Me habló insistentemente de nuevo sobre el futuro. La paz era una obsesión para él. “Tenemos que llegar a ella”, me dijo de repente mientras meditaba una jugada sobre el tablero.” Pero esta no podrá ser posible mientras no exista la misma voluntad de parte de los árabes”. Le pregunté:” ¿Cuántas generaciones más de judíos tendrán que vivir en esta incertidumbre?”. Sonrió. A pesar de su seriedad no había dejado de sonreír. “Quizás menos de lo que imaginamos”, respondió.”Los árabes necesitan tanto la paz como nosotros. Ellos están a punto de comprender que la coexistencia es beneficiosa para ambos.
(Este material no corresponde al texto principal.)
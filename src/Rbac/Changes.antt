-- ===== src/Rbac/Changes.antt =====
-- src/rbac/roleChanges.ts: the role transaction, and the publication of effective app roles.
-- Locks and timeouts have no effect on one transaction alone. Chunks of 100 rows are written as one.
-- `new_epoch` gives the uuid that a new row of app_role_sync_state takes by default.
pub mod Publication
pub mod Ledger
use Prim.Native.Nat.{Ordering}
use Prim.Native.String.{compare as compare_text}
use dreamsso.Common.{
  ℕ, suc, ◌+◌, String, Bool, true, false, not, ◌&&◌, ◌||◌, Option, none, some, List, [], ◌∷◌, ◌++◌,
  ◌==◌, map, filter, length, contains, is_some, ltb, if◌then◌else◌, string_eq, nat_eq, option_eq,
  bool_eq,
}
use dreamsso.Common.Int.{ℤ, int_eq}
use dreamsso.Common.Result.{Result, ok, err, ◌>>=◌, ◌>>◌, fail_if, or_fail}
use dreamsso.Store.{
  Store, Identity, RoleSyncState, legacy, EffectiveEntry, RoleChange, StoredCatalog, OauthClient,
  write, write₂,
}
use dreamsso.Rbac.AppRoles.{effective_app_role, role_known}
use dreamsso.Rbac.Errors.{RoleError, internal}

-- BIGINT's largest value.
abbrev pub max_revision : ℕ
max_revision = 9223372036854775807

-- `withRoleTransaction`: an error rolls every write back.
pub with_role_transaction {ℓ} :
    {A : Type ℓ} → (Store → Result RoleError (Store × A)) → Store → Store × Result RoleError A
with_role_transaction work db = elim (work db) [ ok (db', a) ↦ (db', ok a) | err e ↦ (db, err e) ]

abbrev stored_iat : Option StoredCatalog → ℕ
stored_iat none = 0
stored_iat (some cat) = cat.last_sync_iat

-- `[...new Set(clientIds)].sort()`.
abbrev precedes : String → String → Bool
precedes a b = elim (compare_text a b) [ Ordering.lt ↦ true | _ ↦ false ]

unfoldable pub insert_sorted : String → List String → List String
insert_sorted x [] = x ∷ []
insert_sorted x (y ∷ ys) =
    let rest = insert_sorted x ys in
    if x == y then y ∷ ys else if precedes x y then x ∷ y ∷ ys else y ∷ rest

unfoldable pub sorted_set : List String → List String
unfolding insert_sorted
sorted_set [] = []
sorted_set (x ∷ xs) = insert_sorted x (sorted_set xs)

pub record EffectiveRow : Type 0 where
  pub user_sub : ℕ
  pub role_id : Option ℤ
  pub managed : Bool
  pub previous : Option EffectiveEntry

-- The resolved role, or null where the catalog does not list it.
unfoldable pub known_role : Store → String → ℕ → Option ℤ
known_role db client sub =
    let raw = (effective_app_role db sub client).role_id in
    if role_known db client raw then raw else none

unfoldable pub effective_row : Store → String → ℕ → EffectiveRow
effective_row db client sub = record {
  user_sub = sub;
  role_id = known_role db client sub;
  managed = true;
  previous = db.app_role_effective client sub;
}

abbrev pub chosen : Option (List ℕ) → ℕ → Bool
chosen none sub = true
chosen (some subs) sub = contains subs sub

-- The live identities that a publication is about.
unfoldable pub live_subjects : List Identity → Option (List ℕ) → List ℕ
live_subjects [] subjects = []
live_subjects (i ∷ is) subjects =
    let rest = live_subjects is subjects in
    if not i.deleted && chosen subjects i.sub then i.sub ∷ rest else rest

unfoldable pub effective_rows : Store → String → Option (List ℕ) → List EffectiveRow
unfolding effective_row live_subjects
effective_rows db client subjects =
    if is_some (db.app_role_catalogs client)
    then map (effective_row db client) (live_subjects db.identities subjects)
    else []

abbrev same_entry : EffectiveRow → Option EffectiveEntry → Bool
same_entry row none = false
same_entry row (some p) = row.role_id == p.role_id && (row.managed == p.managed)

unfoldable pub is_changed : Bool → List ℕ → EffectiveRow → Bool
is_changed force forced row =
    force || contains forced row.user_sub || not (same_entry row row.previous)

abbrev pub entry_of : ℕ → EffectiveRow → EffectiveEntry
entry_of revision row = record {
  role_id = row.role_id;
  managed = row.managed;
  authority_revision = revision;
}

-- The upsert into app_role_effective.
unfoldable pub store_rows :
    String
    → ℕ
    → List EffectiveRow
    → (String → ℕ → Option EffectiveEntry)
    → String
    → ℕ
    → Option EffectiveEntry
store_rows client revision [] table = table
store_rows client revision (row ∷ rows) table =
    store_rows client revision rows
      (write₂ client row.user_sub (some (entry_of revision row)) table)

abbrev pub change_of : String → ℕ → ℕ → EffectiveRow → RoleChange
change_of client epoch revision row = record {
  target = client;
  sub = row.user_sub;
  role_id = row.role_id;
  authority_epoch = epoch;
  authority_revision = revision;
}

-- One client with rows to publish: revision, events and ledger move together.
unfoldable pub publish_rows :
    Store → String → RoleSyncState → List EffectiveRow → Result RoleError (Store × ℕ)
unfolding store_rows
publish_rows db client state [] = ok (db, 0)
publish_rows db client state (row ∷ rows) = do
  fail_if (not (ltb state.authority_revision max_revision))
      (internal "Role authority revision is exhausted.")
  let revision = suc state.authority_revision
  ok (
    record db {
      app_role_sync_state =
          write client (some (record state { authority_revision = revision }))
            db.app_role_sync_state;
      event_outbox =
          db.event_outbox ++ map (change_of client state.authority_epoch revision) (row ∷ rows);
      app_role_effective = store_rows client revision (row ∷ rows) db.app_role_effective;
    },
    length (row ∷ rows),
  )

module _ (new_epoch : String → ℕ) where
  abbrev new_state : Store → String → RoleSyncState
  new_state db client = record {
    catalog_mode = legacy;
    catalog_epoch = none;
    catalog_revision = none;
    catalog_digest = none;
    last_sync_iat = stored_iat (db.app_role_catalogs client);
    authority_epoch = new_epoch client;
    authority_revision = 0;
  }

  unfoldable pub ensure_role_sync_state : Store → String → Result RoleError (Store × RoleSyncState)
  ensure_role_sync_state db client = elim (db.app_role_sync_state client) [
    | some state ↦ ok (db, state)
    | none ↦ elim (db.oauth_clients client) [
      | none ↦ err (internal "Role authority client is unavailable.")
      | some _ ↦ ok (
        record db {
          app_role_sync_state = write client (some (new_state db client)) db.app_role_sync_state;
        },
        new_state db client,
      )
    ]
  ]

  unfoldable pub publish_client :
      Store → String → Option (List ℕ) → Bool → List ℕ → Result RoleError (Store × ℕ)
  publish_client db client subjects force forced = do
    ensured ← ensure_role_sync_state db client
    publish_rows ensured.0 client ensured.1
        (filter (is_changed force forced) (effective_rows ensured.0 client subjects))

  unfoldable pub publish_each :
      Store → List String → Option (List ℕ) → Bool → List ℕ → Result RoleError (Store × ℕ)
  publish_each db [] subjects force forced = ok (db, 0)
  publish_each db (client ∷ clients) subjects force forced = do
    one ← publish_client db client subjects force forced
    rest ← publish_each one.0 clients subjects force forced
    ok (rest.0, one.1 + rest.1)

  unfoldable pub publish_role_changes :
      Store → List String → Option (List ℕ) → Bool → List ℕ → Result RoleError (Store × ℕ)
  publish_role_changes db clients = publish_each db (sorted_set clients)
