-- ===== src/Rbac/Administration/UserAccess.antt =====
-- `applyUserAccess` of src/rbac/roleAdministration.ts. Everything is validated before the first
-- write, so the function is a plan, which may fail, and the writes of a plan.
pub mod Plan
pub mod Success
pub mod Reach
pub mod Writes
pub mod Safety
mod Tests
use dreamsso.Common.{
  ℕ, ◌≤◌, ◌<◌, String, Bool, true, false, not, ◌&&◌, ◌||◌, Option, none, some, List, [], ◌∷◌, ◌==◌,
  map, find?, any, contains, is_some, length, ltb, if◌then◌else◌, string_eq, nat_eq, option_eq,
}
use dreamsso.Common.Int.{ℤ, int_eq}
use dreamsso.Common.Result.{Result, ok, err, ◌>>=◌, ◌>>◌, fail_if, or_fail}
use dreamsso.Json.{Json, Fields, get, as_text}
use dreamsso.Store.{Store, OrgRole, Effect, write, write₂}
use dreamsso.Rbac.Level.{Level, finite, le_level, lt_level}
use dreamsso.Rbac.AppRoles.{effective_app_role, app_role_level}
use dreamsso.Rbac.Authz.{has_slug, get_role_level}
use dreamsso.Rbac.Errors.{RoleError, fail}
use dreamsso.Rbac.Changes.{publish_role_changes}
use dreamsso.Rbac.Administration.{
  Value, role, inherit, parse_value, entries_of, Actor, require_permission, has_sub, lock_actors,
  org_default, write_audit, check_permissions, unknown_app_role,
}

pub record UserPlan : Type 0 where
  pub actor : Actor
  pub org_role : Option String
  pub new_slug : Option String
  pub permissions : List (String × Option Effect)
  pub app_roles : List (String × Value)

-- The new org role must exist and rank strictly below the actor.
pub check_org_role :
    Store → Level → Option String → Option String → Result RoleError (Option String)
check_org_role db level none current = ok current
check_org_role db level (some slug) current = do
  found ← or_fail (find? (has_slug slug) db.org_roles) (fail 403 "role_above_level")
  fail_if (le_level (finite found.level) level) (fail 403 "role_above_level")
  ok (some found.slug)

-- The app role that a value stands for.
abbrev pub resulting : Store → Option String → String → Value → Option ℤ
resulting db slug client inherit = org_default db slug client
resulting db slug client (role r) = r

abbrev pub app_level : Store → String → ℕ → Level
app_level db client sub = app_role_level db client (effective_app_role db sub client).role_id

module _ (db : Store) (actor target : ℕ) (slug : Option String) where
  pub check_app_role : String → Json → Result RoleError Value
  check_app_role client json = do
    fail_if (not (contains db.catalog_clients client)) (fail 404 "not_found")
    value ← or_fail (parse_value json) (fail 400 "invalid_request")
    fail_if (unknown_app_role db client value) (fail 400 "unknown_app_role")
    fail_if (lt_level (app_level db client target) (app_level db client actor))
        (fail 403 "app_role_above_level")
    fail_if
        (lt_level (app_role_level db client (resulting db slug client value))
          (app_level db client actor))
        (fail 403 "app_role_above_level")
    ok value

  pub check_app_roles : List (String × Json) → Result RoleError (List (String × Value))
  check_app_roles [] = ok []
  check_app_roles ((client, json) ∷ rest) = do
    value ← check_app_role client json
    checked ← check_app_roles rest
    ok ((client, value) ∷ checked)

  -- What the new org role hands down at a client that no entry and no override settles.
  pub above_by_inheritance : List (String × Value) → String → Bool
  above_by_inheritance entries client =
      not (any (λ e. e.0 == client) entries || is_some (db.user_app_role_overrides target client))
      && not (org_default db slug client == (effective_app_role db target client).role_id)
      && lt_level (app_role_level db client (org_default db slug client))
          (app_level db client actor)

  pub check_inherited : List (String × Value) → List String → Result RoleError (Unit {0})
  check_inherited entries [] = ok tt
  check_inherited entries (client ∷ clients) = do
    fail_if (above_by_inheritance entries client) (fail 403 "app_role_above_level")
    check_inherited entries clients

abbrev pub is_empty {ℓ} : {A : Type ℓ} → List A → Bool
is_empty [] = true
is_empty (x ∷ xs) = false

-- `!orgRole`: missing, or the empty text.
abbrev no_text : Option String → Bool
no_text none = true
no_text (some s) = s == ""

abbrev pub when : Bool → Result RoleError (Unit {0}) → Result RoleError (Unit {0})
when test check = if test then check else ok tt

abbrev pub acct_portal : String
acct_portal = "org.users.edit.permissions.acctPortal"

abbrev pub app_permission : String
app_permission = "org.users.edit.permissions.app"

-- The actor, once it is known to outrank the target and to be another subject.
pub admit_target : Store → ℕ → ℕ → Result RoleError Actor
admit_target db actor_sub target_sub = do
  actor ← lock_actors db actor_sub
  target ←
      or_fail (find? (λ i. has_sub target_sub i && not i.deleted) db.identities)
        (fail 404 "not_found")
  fail_if (target_sub == actor_sub || le_level (get_role_level db target_sub) actor.level)
      (fail 404 "not_found")
  ok actor

-- The body of the request, once it is known to ask for something and not for too much.
pub record UserChanges : Type 0 where
  pub org_role : Option String
  pub permissions : List (String × Json)
  pub app_roles : List (String × Json)

pub read_changes : Fields → Result RoleError UserChanges
read_changes changes = do
  let org_role = as_text (get "org_role" changes)
  permissions ← entries_of (get "permissions" changes)
  app_roles ← entries_of (get "app_roles" changes)
  fail_if (no_text org_role && is_empty permissions && is_empty app_roles) (fail 400 "no_changes")
  fail_if (ltb 100 (length permissions) || ltb 50 (length app_roles)) (fail 400 "too_many_changes")
  ok (record { org_role = org_role; permissions = permissions; app_roles = app_roles })

-- The permissions that the kinds of change ask of the actor.
pub check_areas : List String → UserChanges → Result RoleError (Unit {0})
check_areas granted asked = do
  when (is_some asked.org_role || not (is_empty asked.permissions))
      (require_permission granted acct_portal)
  when (not (is_empty asked.app_roles)) (require_permission granted app_permission)

pub check_changes : Store → Actor → ℕ → UserChanges → Result RoleError UserPlan
check_changes db actor target_sub asked = do
  new_slug ← check_org_role db actor.level asked.org_role (db.user_org_roles target_sub)
  checked ← check_permissions true actor.granted asked.permissions
  values ← check_app_roles db actor.sub target_sub new_slug asked.app_roles
  when (is_some asked.org_role)
      (check_inherited db actor.sub target_sub new_slug values db.catalog_clients)
  ok (record {
    actor = actor;
    org_role = asked.org_role;
    new_slug = new_slug;
    permissions = checked;
    app_roles = values;
  })

pub plan_user_access : Store → ℕ → ℕ → Fields → Result RoleError UserPlan
plan_user_access db actor_sub target_sub changes = do
  actor ← admit_target db actor_sub target_sub
  asked ← read_changes changes
  check_areas actor.granted asked
  check_changes db actor target_sub asked

-- An 'inherit' deletes the row.
pub write_effects :
    ℕ → List (String × Option Effect) → (ℕ → String → Option Effect) → ℕ → String → Option Effect
write_effects sub [] table = table
write_effects sub ((key, choice) ∷ rest) table =
    write_effects sub rest (write₂ sub key choice table)

abbrev pub stored : Value → Option (Option ℤ)
stored inherit = none
stored (role r) = some r

pub write_values :
    ℕ → List (String × Value) → (ℕ → String → Option (Option ℤ)) → ℕ → String → Option (Option ℤ)
write_values sub [] table = table
write_values sub ((client, value) ∷ rest) table =
    write_values sub rest (write₂ sub client (stored value) table)

pub write_user_access : Store → ℕ → UserPlan → Store
unfolding write_effects write_values
write_user_access db target plan = record db {
  user_org_roles =
      if is_some plan.org_role
      then write target plan.new_slug db.user_org_roles
      else db.user_org_roles;
  user_permission_overrides = write_effects target plan.permissions db.user_permission_overrides;
  user_app_role_overrides = write_values target plan.app_roles db.user_app_role_overrides;
}

module _ (new_epoch : String → ℕ) where
  pub publish_user_access : Store → ℕ → UserPlan → Result RoleError (Store × ℕ)
  publish_user_access db target plan =
      if is_some plan.org_role || not (is_empty plan.app_roles)
      then publish_role_changes new_epoch db
          (if is_some plan.org_role then db.catalog_clients else map (λ e. e.0) plan.app_roles)
          (some (target ∷ [])) false []
      else ok (db, 0)

  pub apply_user_access : Store → ℕ → ℕ → Fields → String → Result RoleError Store
  apply_user_access db actor_sub target_sub changes action = do
    plan ← plan_user_access db actor_sub target_sub changes
    published ← publish_user_access (write_user_access db target_sub plan) target_sub plan
    ok (write_audit published.0 actor_sub action (some target_sub))
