-- ===== src/Rbac/Administration/UserAccess/Plan.antt =====
-- What a plan that `applyUserAccess` accepts has been checked for.
use dreamsso.Common.{
  ℕ, String, Bool, true, false, not, ◌&&◌, Option, none, some, ◌≡◌, refl, sym, subst, ◌⊎◌, List, [],
  ◌∷◌, ◌==◌, find?, contains, is_some, arith, All, string_eq, nat_eq, option_eq, if◌then◌else◌,
}
use dreamsso.Common.Int.{int_eq}
use dreamsso.Rbac.Errors.{RoleError}
use dreamsso.Common.Result.{Result, ok, >>=-eq-ok, ok-injective, fail_if-ok, or_fail-ok}
use dreamsso.Json.{Json}
use dreamsso.Store.{Store, OrgRole, Effect}
use dreamsso.Rbac.Level.{
  Level, finite, le_level, lt_level, ◌<ₗ◌, ◌≤ₗ◌, lt_of_not_le_level, le_of_not_lt_level,
}
use dreamsso.Rbac.AppRoles.{app_role_level}
use dreamsso.Rbac.Authz.{has_slug, get_role_level, resolve_authz}
use dreamsso.Rbac.Catalog.{perm_keys}
use text.Mathlib.TextEquality.{eq_iff}
use dreamsso.Rbac.Administration.{
  Value, Actor, lock_actors, mfa_disable, check_permissions, parse_effect, parse_value,
  unknown_app_role,
}
use dreamsso.Rbac.Administration.UserAccess.{
  UserPlan, check_org_role, check_app_role, check_app_roles, check_inherited, above_by_inheritance,
  resulting, app_level, UserChanges, admit_target, check_changes,
}

pub lock_actors-ok :
    (db : Store) (sub : ℕ) (actor : Actor)
    → lock_actors db sub ≡ ok actor
    → (actor.sub ≡ sub)
      × (actor.level ≡ get_role_level db sub)
      × (actor.granted ≡ (resolve_authz db sub).granted)
unfolding lock_actors resolve_authz get_role_level
lock_actors-ok db sub actor h = ground arith

-- An org role that ranks strictly below a level.
pub data Outranked (db : Store) (level : Level) (new_slug : Option String) : Type 0 where
  outranked :
      (slug : String) (found : OrgRole)
      → find? (has_slug slug) db.org_roles ≡ some found
      → new_slug ≡ some found.slug
      → level <ₗ finite found.level
      → Outranked db level new_slug

pub check_org_role-ok :
    (db : Store) (level : Level) (slug : String) (current new_slug : Option String)
    → check_org_role db level (some slug) current ≡ ok new_slug
    → Outranked db level new_slug
unfolding check_org_role
check_org_role-ok db level slug current new_slug h =
    let (found, e, h₁) = or_fail-ok (find? (has_slug slug) db.org_roles) _ _ h in
    let (above, h₂) = fail_if-ok (le_level (finite found.level) level) _ _ h₁ in
    outranked slug found e (sym (ok-injective h₂))
      (lt_of_not_le_level (finite found.level) level above)

-- A permission entry that an actor may write: one that it holds itself, or the exempt key.
abbrev pub MayWrite : List String → String × Option Effect → Type 0
MayWrite granted entry = (contains granted entry.0 ≡ true) ⊎ (entry.0 ≡ mfa_disable)

pub check_permissions-ok :
    (inheritable : Bool) (granted : List String) (es : List (String × Json))
    (checked : List (String × Option Effect))
    → check_permissions inheritable granted es ≡ ok checked
    → All (MayWrite granted) checked
unfolding check_permissions
check_permissions-ok inheritable granted [] checked h =
    subst (All (MayWrite granted)) (ok-injective h) tt
check_permissions-ok inheritable granted ((key, effect) ∷ es) checked h =
    let (listed, h₁) = fail_if-ok (not (contains perm_keys key)) _ _ h in
    let (choice, parsed, h₂) = or_fail-ok (parse_effect inheritable effect) _ _ h₁ in
    let (held, h₃) = fail_if-ok (not (key == mfa_disable) && not (contains granted key)) _ _ h₂ in
    let (rest, e, h₄) = >>=-eq-ok (check_permissions inheritable granted es) _ h₃ in
    subst (All (MayWrite granted)) (ok-injective h₄)
      (may choice held, check_permissions-ok inheritable granted es rest e)
  where
    may :
        (choice : Option Effect)
        → (not (key == mfa_disable) && not (contains granted key)) ≡ false
        → MayWrite granted (key, choice)
    may choice held = ground (arith, eq_iff key mfa_disable)

-- An app role value that neither starts nor ends above the actor's own role at the client.
pub record WithinReach (db : Store) (actor target : ℕ) (slug : Option String)
    (entry : String × Value) : Type 0 where
  pub before : app_level db entry.0 actor ≤ₗ app_level db entry.0 target
  pub after :
      app_level db entry.0 actor ≤ₗ app_role_level db entry.0 (resulting db slug entry.0 entry.1)

module _ (db : Store) (actor target : ℕ) (slug : Option String) where
  check_app_role-ok :
      (client : String) (json : Json) (value : Value)
      → check_app_role db actor target slug client json ≡ ok value
      → WithinReach db actor target slug (client, value)
  unfolding check_app_role
  check_app_role-ok client json value h =
      let (listed, h₁) = fail_if-ok (not (contains db.catalog_clients client)) _ _ h in
      let (v, parsed, h₂) = or_fail-ok (parse_value json) _ _ h₁ in
      let (known, h₃) = fail_if-ok (unknown_app_role db client v) _ _ h₂ in
      let (started, h₄) =
        fail_if-ok (lt_level (app_level db client target) (app_level db client actor)) _ _ h₃ in
      let (ended, h₅) =
        fail_if-ok
          (lt_level (app_role_level db client (resulting db slug client v))
            (app_level db client actor))
          _ _ h₄ in
      subst (λ w. WithinReach db actor target slug (client, w)) (ok-injective h₅)
        (record {
          before =
              le_of_not_lt_level (app_level db client target) (app_level db client actor) started;
          after = le_of_not_lt_level _ (app_level db client actor) ended;
        })

  pub check_app_roles-ok :
      (es : List (String × Json)) (values : List (String × Value))
      → check_app_roles db actor target slug es ≡ ok values
      → All (WithinReach db actor target slug) values
  unfolding check_app_roles
  check_app_roles-ok [] values h =
      subst (All (WithinReach db actor target slug)) (ok-injective h) tt
  check_app_roles-ok ((client, json) ∷ es) values h =
      let (value, e, h₁) = >>=-eq-ok (check_app_role db actor target slug client json) _ h in
      let (rest, d, h₂) = >>=-eq-ok (check_app_roles db actor target slug es) _ h₁ in
      subst (All (WithinReach db actor target slug)) (ok-injective h₂)
        (check_app_role-ok client json value e, check_app_roles-ok es rest d)

  pub check_inherited-ok :
      (entries : List (String × Value)) (clients : List String) (client : String)
      → check_inherited db actor target slug entries clients ≡ ok tt
      → contains clients client ≡ true
      → above_by_inheritance db actor target slug entries client ≡ false
  unfolding check_inherited
  check_inherited-ok entries [] client h m = absurd (ground arith)
  check_inherited-ok entries (c ∷ clients) client h m =
      let (kept, h₁) = fail_if-ok (above_by_inheritance db actor target slug entries c) _ _ h in
      ground (arith, check_inherited-ok entries clients client, eq_iff c client)

-- The actor that a target is admitted for.
pub record IsAdmitted (db : Store) (sub target : ℕ) (actor : Actor) : Type 0 where
  pub locked : lock_actors db sub ≡ ok actor
  pub other : (target == sub) ≡ false
  pub lower : le_level (get_role_level db target) actor.level ≡ false

pub admit_target-IsAdmitted :
    (db : Store) (sub target : ℕ) (actor : Actor)
    → admit_target db sub target ≡ ok actor
    → IsAdmitted db sub target actor
unfolding admit_target
admit_target-IsAdmitted db sub target actor h = record {
  locked = ground arith;
  other = ground arith;
  lower = ground arith;
}

-- What the changes of an accepted plan have been checked for.
pub record IsChecked (db : Store) (actor : Actor) (target : ℕ) (plan : UserPlan) : Type 0 where
  pub planned : plan.actor ≡ actor
  pub kept : plan.org_role ≡ none → plan.new_slug ≡ db.user_org_roles target
  pub lower : (slug : String) → plan.org_role ≡ some slug → Outranked db actor.level plan.new_slug
  pub held : All (MayWrite actor.granted) plan.permissions
  pub reach : All (WithinReach db actor.sub target plan.new_slug) plan.app_roles
  pub inherited :
      (client : String)
      → is_some plan.org_role ≡ true
      → contains db.catalog_clients client ≡ true
      → above_by_inheritance db actor.sub target plan.new_slug plan.app_roles client ≡ false

when-ok :
    (test : Bool) (check : Result RoleError (Unit {0})) (done : Unit {0})
    → (if test then check else ok tt) ≡ ok done
    → test ≡ true
    → check ≡ ok tt
when-ok true check done w e = w
when-ok false check done w e = cc

check_org_role-lower :
    (db : Store) (level : Level) (asked current new_slug : Option String) (slug : String)
    → check_org_role db level asked current ≡ ok new_slug
    → asked ≡ some slug
    → Outranked db level new_slug
check_org_role-lower db level asked current new_slug slug h e =
    check_org_role-ok db level slug current new_slug (rw e at h)

pub check_changes-IsChecked :
    (db : Store) (actor : Actor) (target : ℕ) (asked : UserChanges) (plan : UserPlan)
    → check_changes db actor target asked ≡ ok plan
    → IsChecked db actor target plan
unfolding check_changes
check_changes-IsChecked db actor target asked plan h =
    let (slug, e, h₁) =
      >>=-eq-ok (check_org_role db actor.level asked.org_role (db.user_org_roles target)) _ h in
    let (checked, p, h₂) =
      >>=-eq-ok (check_permissions true actor.granted asked.permissions) _ h₁ in
    let (values, v, h₃) =
      >>=-eq-ok (check_app_roles db actor.sub target slug asked.app_roles) _ h₂ in
    let (done, w, h₄) =
      >>=-eq-ok
        (if is_some asked.org_role
          then check_inherited db actor.sub target slug values db.catalog_clients
          else ok tt)
        _ h₃ in
    subst (IsChecked db actor target) (ok-injective h₄) (record {
      planned = refl;
      kept = λ n. kept_slug slug e n;
      lower = λ s n.
          check_org_role-lower db actor.level asked.org_role (db.user_org_roles target) slug s e n;
      held = check_permissions-ok true actor.granted asked.permissions checked p;
      reach = check_app_roles-ok db actor.sub target slug asked.app_roles values v;
      inherited = λ c n m.
          check_inherited-ok db actor.sub target slug values db.catalog_clients c
            (when-ok (is_some asked.org_role) _ done w n) m;
    })
  where
    kept_slug :
        (slug : Option String)
        → check_org_role db actor.level asked.org_role (db.user_org_roles target) ≡ ok slug
        → asked.org_role ≡ none
        → slug ≡ db.user_org_roles target
    kept_slug slug e n = unfold check_org_role in ground arith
No exigimos mucho a cambio de ella. Sólo fronteras y promesas seguras. Eso es todo”.
Le pregunté si no había exigencias árabes que hicieran difícil el tránsito hacia un acuerdo permanente. “Sí, hay muchas”, respondió esta vez con una mirada triste y la cabeza descansando sobre las manos escrutando el tablero de ajedrez ante nosotros. “Pero ninguna puede ser tan importante que no pueda ser discutida en beneficio de la paz”.
La paz tendrá que llegar no como resultado de un compromiso internacional, dijo, sino como producto de una necesidad árabe-israelí. Él tenía una razón particular. En la última guerra su hijo había sido herido en las áridas dunas del Sinaí.